What you have to do. Below are records; write all of them out exactly.

Recorded data:

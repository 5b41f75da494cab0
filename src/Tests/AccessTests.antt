-- ===== src/Tests/AccessTests.antt =====
-- Access control at concrete inputs.
use neuralgentics_broker.Prelude.{
  String, ◌≡◌, refl, true, false, ◌&&◌, [], ◌∷◌, elem, has_key, IsSorted,
}
use neuralgentics_broker.Access.{
  AccessControl, can_access, get_accessible_servers, grant, revoke, default_server_roles,
}
use neuralgentics_broker.Access.Queries.{
  get_accessible_servers-can_access, default_server_roles-IsMap,
}
use neuralgentics_broker.Access.Changes.{can_access-grant, can_access-revoke}

abbrev shipped : AccessControl
shipped = record { server_roles = default_server_roles }

get_accessible_servers-can_access_example :
    IsSorted (get_accessible_servers shipped "tester")
    × ((s : String)
        → elem s (get_accessible_servers shipped "tester")
          ≡ (has_key s default_server_roles && can_access shipped "tester" s))
get_accessible_servers-can_access_example =
    get_accessible_servers-can_access shipped "tester" default_server_roles-IsMap

-- `memoryManager` is open to all: after a grant to the tester a coder is locked out
can_access-grant_example :
    can_access (grant shipped "tester" "memoryManager") "coder" "memoryManager" ≡ false
unfolding can_access
can_access-grant_example = can_access-grant shipped "tester" "memoryManager" "coder" "memoryManager"

can_access-revoke_example :
    can_access (revoke shipped "tester" "playwright") "researcher" "playwright" ≡ true
can_access-revoke_example =
    can_access-revoke shipped "tester" "playwright"
      ("tester" ∷ "boomerang-tester" ∷ "boomerang-scraper" ∷ "researcher" ∷ []) refl "researcher"
      "playwright"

Exercise answer.
repository 5b41f75da494cab0
filename src/Tests/AccessTests.antt
-- ===== src/Tests/AccessTests.antt =====
-- Access control at concrete inputs.
use neuralgentics_broker.Prelude.{
  String, ◌≡◌, refl, true, false, ◌&&◌, [], ◌∷◌, elem, has_key, IsSorted,
}
use neuralgentics_broker.Access.{
  AccessControl, can_access, get_accessible_servers, grant, revoke, default_server_roles,
}
use neuralgentics_broker.Access.Queries.{
  get_accessible_servers-can_access, default_server_roles-IsMap,
}
use neuralgentics_broker.Access.Changes.{can_access-grant, can_access-revoke}

abbrev shipped : AccessControl
shipped = record { server_roles = default_server_roles }

get_accessible_servers-can_access_example :
    IsSorted (get_accessible_servers shipped "tester")
    × ((s : String)
        → elem s (get_accessible_servers shipped "tester")
          ≡ (has_key s default_server_roles && can_access shipped "tester" s))
get_accessible_servers-can_access_example =
    get_accessible_servers-can_access shipped "tester" default_server_roles-IsMap

-- `memoryManager` is open to all: after a grant to the tester a coder is locked out
can_access-grant_example :
    can_access (grant shipped "tester" "memoryManager") "coder" "memoryManager" ≡ false
unfolding can_access
can_access-grant_example = can_access-grant shipped "tester" "memoryManager" "coder" "memoryManager"

can_access-revoke_example :
    can_access (revoke shipped "tester" "playwright") "researcher" "playwright" ≡ true
can_access-revoke_example =
    can_access-revoke shipped "tester" "playwright"
      ("tester" ∷ "boomerang-tester" ∷ "boomerang-scraper" ∷ "researcher" ∷ []) refl "researcher"
      "playwright"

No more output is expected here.